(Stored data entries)
|---|

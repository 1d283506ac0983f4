-- ===== src/Identity/Join.antt =====
-- `canonical_join`: each segment behind its length and a colon.
use cogindex.Base.{
  ℕ, ◌≡◌, refl, sym, false, List, [], ◌∷◌, ◌++◌, arith, length, contains, nat_eq, Text,
}
use cogindex.Identity.Decimal.{decimal, decimal-injective, contains-decimal}

unfoldable pub canonical_join : List Text → Text
canonical_join [] = []
canonical_join (segment ∷ rest) =
    decimal (length segment) ++ (b':' ∷ (segment ++ canonical_join rest))

-- Two texts with no colon before their first colon are equal, and so are the rests.
split_colon :
    (s t r q : Text)
    → contains 58 s ≡ false
    → contains 58 t ≡ false
    → s ++ (58 ∷ r) ≡ t ++ (58 ∷ q)
    → (s ≡ t) × (r ≡ q)
split_colon [] [] r q hs ht e = ground arith
split_colon [] (y ∷ t) r q hs ht e = ground arith
split_colon (x ∷ s) [] r q hs ht e = ground arith
split_colon (x ∷ s) (y ∷ t) r q hs ht e = ground (arith, split_colon s t r q)

split_length : (s t r q : Text) → length s ≡ length t → s ++ r ≡ t ++ q → (s ≡ t) × (r ≡ q)
split_length [] [] r q h e = (refl, e)
split_length [] (y ∷ t) r q h e = absurd (omega arith)
split_length (x ∷ s) [] r q h e = absurd (omega arith)
split_length (x ∷ s) (y ∷ t) r q h e = ground (arith, split_length s t r q)

decimal-ne-nil : (n : ℕ) (s : Text) → decimal n ++ (58 ∷ s) ≡ [] → ⊥
decimal-ne-nil n s = go (decimal n)
  where
    go : (d : Text) → d ++ (58 ∷ s) ≡ [] → ⊥
    go [] e = cc
    go (x ∷ d) e = cc

-- Lists of segments with one joined text are equal.
pub canonical_join-injective : (xs ys : List Text) → canonical_join xs ≡ canonical_join ys → xs ≡ ys
unfolding canonical_join
canonical_join-injective [] [] e = refl
canonical_join-injective [] (y ∷ ys) e = absurd (decimal-ne-nil _ _ (sym e))
canonical_join-injective (x ∷ xs) [] e = absurd (decimal-ne-nil _ _ e)
canonical_join-injective (x ∷ xs) (y ∷ ys) e =
    let (same_length, after) =
      split_colon (decimal (length x)) (decimal (length y)) (x ++ canonical_join xs)
        (y ++ canonical_join ys) (contains-decimal (length x)) (contains-decimal (length y)) e in
    let (head, rest) =
      split_length x y (canonical_join xs) (canonical_join ys)
        (decimal-injective (length x) (length y) same_length) after in
    cc (head, canonical_join-injective xs ys rest)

|---|

> [Your task]: From the records, determine the number of lines holding the word "false", and state that number only.

> [Task answer]: 3